Since then, I sometimes amuse myself by quickly typing out a very short story somewhere on the Internet. Here are some extremely short ones:

QUOTE
FOUR MICROSTORIES

DAY ZERO

For an unremembered time there had only been Self and the Void. Self knew that its mind had been created by the interactions of clusters and superclusters of galaxies; that its thoughts depended on the births and deaths of innumerable stars. Self was all, and alone.

Then, from beyond the Void, there approached the Other. By the time they met, they were nearly twice as old as they had been when they first sensed each other. They became One.

One's vast new mind, freed from the restrictions of time and space, reached back to the beginning of everything. It knew that its purpose was to give meaning to the universe, which was its body and its soul.

And One said, "Let there be God!" And there was God.

PLAYMATES

Teal and Josh were building insects in the playground on the top level of the BosWash arcology. Beyond the tesselated windows of the observation dome a winter storm lashed at the Atlantic, but inside it was warm and softly scented with tropical flowers.

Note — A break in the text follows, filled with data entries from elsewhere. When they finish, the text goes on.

-- ===== src/Api/Physical.antt =====
-- The hooks of frontend/src/api: datacenters.ts, rooms.ts, corridors.ts, racks.ts and deviceTypes.ts.
use datacenter_manager.Prelude.{ℕ, String, true, Option, [], ◌∷◌}
use datacenter_manager.Api.{
  Params, Query, Mutation, fetch, is_given, default_params, list_query, item_query, part_query,
  create, update, remove, put, name, count, number, paged, listed, single,
}
use datacenter_manager.DeviceEditor.Body.{Body}

-- datacenters.ts
abbrev pub use_data_centers : ℕ → ℕ → Query
use_data_centers page size = record {
  key = name "datacenters" ∷ count page ∷ count size ∷ [];
  request = fetch ("datacenters" ∷ []) (("page", number page) ∷ ("size", number size) ∷ []);
  expects = paged;
  enabled = true;
}

abbrev pub use_data_center : String → Query
use_data_center id = item_query "datacenters" ("datacenters" ∷ []) id

abbrev pub use_create_data_center : Body → Mutation
use_create_data_center body = create "datacenters" ("datacenters" ∷ []) body

abbrev pub use_update_data_center : String → Body → Mutation
use_update_data_center id body = update "datacenters" put ("datacenters" ∷ []) id body

abbrev pub use_delete_data_center : String → Mutation
use_delete_data_center id = remove "datacenters" ("datacenters" ∷ []) id

-- rooms.ts
abbrev pub use_rooms : Option Params → Query
use_rooms params = list_query "rooms" ("rooms" ∷ []) 100 params

abbrev pub use_room : String → Query
use_room id = item_query "rooms" ("rooms" ∷ []) id

abbrev pub use_create_room : Body → Mutation
use_create_room body = create "rooms" ("rooms" ∷ []) body

abbrev pub use_update_room : String → Body → Mutation
use_update_room id body = update "rooms" put ("rooms" ∷ []) id body

abbrev pub use_room_corridors : String → Query
use_room_corridors room_id = record {
  key = name "rooms" ∷ name room_id ∷ name "corridors" ∷ [];
  request = fetch ("rooms" ∷ room_id ∷ "corridors" ∷ []) (default_params 200);
  expects = paged;
  enabled = is_given room_id;
}

abbrev pub use_delete_room : String → Mutation
use_delete_room id = remove "rooms" ("rooms" ∷ []) id

-- corridors.ts
abbrev pub use_corridors : Option Params → Query
use_corridors params = list_query "corridors" ("corridors" ∷ []) 200 params

abbrev pub use_corridor : String → Query
use_corridor id = item_query "corridors" ("corridors" ∷ []) id

abbrev pub use_corridor_racks : String → Query
use_corridor_racks corridor_id = record {
  key = name "corridors" ∷ name corridor_id ∷ name "racks" ∷ [];
  request = fetch ("corridors" ∷ corridor_id ∷ "racks" ∷ []) (default_params 200);
  expects = paged;
  enabled = is_given corridor_id;
}

abbrev pub use_create_corridor : Body → Mutation
use_create_corridor body = create "corridors" ("corridors" ∷ []) body

abbrev pub use_update_corridor : String → Body → Mutation
use_update_corridor id body = update "corridors" put ("corridors" ∷ []) id body

abbrev pub use_delete_corridor : String → Mutation
use_delete_corridor id = remove "corridors" ("corridors" ∷ []) id

-- racks.ts
abbrev pub use_racks : Option Params → Query
use_racks params = list_query "racks" ("racks" ∷ []) 100 params

abbrev pub use_rack : String → Query
use_rack id = item_query "racks" ("racks" ∷ []) id

abbrev pub use_rack_devices : String → Query
use_rack_devices id = part_query "racks" id "devices" "devices" listed

abbrev pub use_rack_power_summary : String → Query
use_rack_power_summary id = part_query "racks" id "power" "power-summary" single

abbrev pub use_create_rack : Body → Mutation
use_create_rack body = create "racks" ("racks" ∷ []) body

abbrev pub use_update_rack : String → Body → Mutation
use_update_rack id body = update "racks" put ("racks" ∷ []) id body

abbrev pub use_delete_rack : String → Mutation
use_delete_rack id = remove "racks" ("racks" ∷ []) id

-- deviceTypes.ts
abbrev pub use_device_types : Query
use_device_types = record {
  key = name "device-types" ∷ [];
  request = fetch ("device-types" ∷ []) [];
  expects = listed;
  enabled = true;
}

abbrev pub use_create_device_type : Body → Mutation
use_create_device_type body = create "device-types" ("device-types" ∷ []) body

abbrev pub use_update_device_type : String → Body → Mutation
use_update_device_type id body = update "device-types" put ("device-types" ∷ []) id body

abbrev pub use_delete_device_type : String → Mutation
use_delete_device_type id = remove "device-types" ("device-types" ∷ []) id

Teal activated her latest creation. From the chaos of the components in the First Level Robotics Exploratory Learning Kit (Ages Six Through Eight) she had assembled a machine with translucent wings attached to a shiny blue carapace covered with tiny light-sensitive sensors. The structure rested on three thin, multijointed legs.

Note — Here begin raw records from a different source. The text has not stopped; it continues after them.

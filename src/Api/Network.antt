-- ===== src/Api/Network.antt =====
-- The hooks of frontend/src/api: links.ts, vlans.ts, ipNetworks.ts, ipAddresses.ts and sanFabrics.ts.
use datacenter_manager.Prelude.{String, Option, [], ◌∷◌}
use datacenter_manager.Api.{
  Params, Query, Mutation, fetch, is_given, list_query, item_query, create, update, remove, patch,
  name, text, listed,
}
use datacenter_manager.DeviceEditor.Body.{Body}

-- links.ts
abbrev pub use_links : Option Params → Query
use_links params = list_query "links" ("links" ∷ []) 200 params

abbrev pub use_create_link : Body → Mutation
use_create_link body = create "links" ("links" ∷ []) body

abbrev pub use_update_link : String → Body → Mutation
use_update_link id body = update "links" patch ("links" ∷ []) id body

abbrev pub use_delete_link : String → Mutation
use_delete_link id = remove "links" ("links" ∷ []) id

abbrev pub use_lag_groups : Option Params → Query
use_lag_groups params = list_query "lag-groups" ("lag-groups" ∷ []) 100 params

abbrev pub use_create_lag_group : Body → Mutation
use_create_lag_group body = create "lag-groups" ("lag-groups" ∷ []) body

abbrev pub use_delete_lag_group : String → Mutation
use_delete_lag_group id = remove "lag-groups" ("lag-groups" ∷ []) id

-- vlans.ts
abbrev pub use_vlans : Option Params → Query
use_vlans params = list_query "vlans" ("vlans" ∷ []) 200 params

abbrev pub use_vlan : String → Query
use_vlan id = item_query "vlans" ("vlans" ∷ []) id

abbrev pub use_create_vlan : Body → Mutation
use_create_vlan body = create "vlans" ("vlans" ∷ []) body

abbrev pub use_update_vlan : String → Body → Mutation
use_update_vlan id body = update "vlans" patch ("vlans" ∷ []) id body

abbrev pub use_delete_vlan : String → Mutation
use_delete_vlan id = remove "vlans" ("vlans" ∷ []) id

-- ipNetworks.ts
abbrev pub use_ip_networks : Option Params → Query
use_ip_networks params = list_query "ip-networks" ("ip-networks" ∷ []) 200 params

abbrev pub use_ip_network : String → Query
use_ip_network id = item_query "ip-networks" ("ip-networks" ∷ []) id

abbrev pub use_create_ip_network : Body → Mutation
use_create_ip_network body = create "ip-networks" ("ip-networks" ∷ []) body

abbrev pub use_update_ip_network : String → Body → Mutation
use_update_ip_network id body = update "ip-networks" patch ("ip-networks" ∷ []) id body

abbrev pub use_delete_ip_network : String → Mutation
use_delete_ip_network id = remove "ip-networks" ("ip-networks" ∷ []) id

-- ipAddresses.ts
abbrev pub use_ip_addresses : Option Params → Query
use_ip_addresses params = list_query "ip-addresses" ("ip-addresses" ∷ []) 200 params

abbrev pub use_ip_address : String → Query
use_ip_address id = item_query "ip-addresses" ("ip-addresses" ∷ []) id

abbrev pub use_available_ips : String → Query
use_available_ips subnet_id = record {
  key = name "ip-addresses" ∷ name "available" ∷ name subnet_id ∷ [];
  request = fetch ("ip-addresses" ∷ "available" ∷ []) (("subnet_id", text subnet_id) ∷ []);
  expects = listed;
  enabled = is_given subnet_id;
}

abbrev pub use_create_ip_address : Body → Mutation
use_create_ip_address body = create "ip-addresses" ("ip-addresses" ∷ []) body

abbrev pub use_update_ip_address : String → Body → Mutation
use_update_ip_address id body = update "ip-addresses" patch ("ip-addresses" ∷ []) id body

abbrev pub use_delete_ip_address : String → Mutation
use_delete_ip_address id = remove "ip-addresses" ("ip-addresses" ∷ []) id

-- sanFabrics.ts
abbrev pub use_san_fabrics : Option Params → Query
use_san_fabrics params = list_query "san-fabrics" ("san-fabrics" ∷ []) 100 params

abbrev pub use_san_fabric : String → Query
use_san_fabric id = item_query "san-fabrics" ("san-fabrics" ∷ []) id

abbrev pub use_create_san_fabric : Body → Mutation
use_create_san_fabric body = create "san-fabrics" ("san-fabrics" ∷ []) body

abbrev pub use_update_san_fabric : String → Body → Mutation
use_update_san_fabric id body = update "san-fabrics" patch ("san-fabrics" ∷ []) id body

abbrev pub use_delete_san_fabric : String → Mutation
use_delete_san_fabric id = remove "san-fabrics" ("san-fabrics" ∷ []) id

With a click and a buzz the insect flew up in an awkward spiral to the top of the dome, where it wandered from place to place in response to the photons from the lightning which filled the sky. Soon its hectic motions had nearly depleted its main energy stores. Its survival programming directed it to float back down to the floor and rest.

"What a stupid bug," Josh said.

"I think it's pretty." Teal rolled on her back to watch the storm.

"Only three legs. Insects have six legs."

"Not if you make them with three legs."

"You're silly." Josh picked up the machine and shook it. One of the wings fell off and fluttered to the ground.

"Hey!"

"Stupid bug." He tossed it on the floor. The legs shattered as it landed. "You don't know how to make them strong enough."

Teal stood and tried not to show her anger. She realized that Josh was just jealous. She had learned all about such things in her SocPsych lessons.

"I'm not going to play with you anymore," she said with great dignity. She walked behind him, reached under his tunic to the small of his back, and switched him off.

INSTINCT

It was easy to break through my steel-lined coffin and force my way through the frozen earth. My new strength and hunger drove me up, until I emerged into a moonless night that was bright as noon to my new vision. I kicked off the rotting remnents of my shoes and walked barefoot through the frozen cemetary. My husband had buried me in my wedding gown; it was a rather sweet gesture.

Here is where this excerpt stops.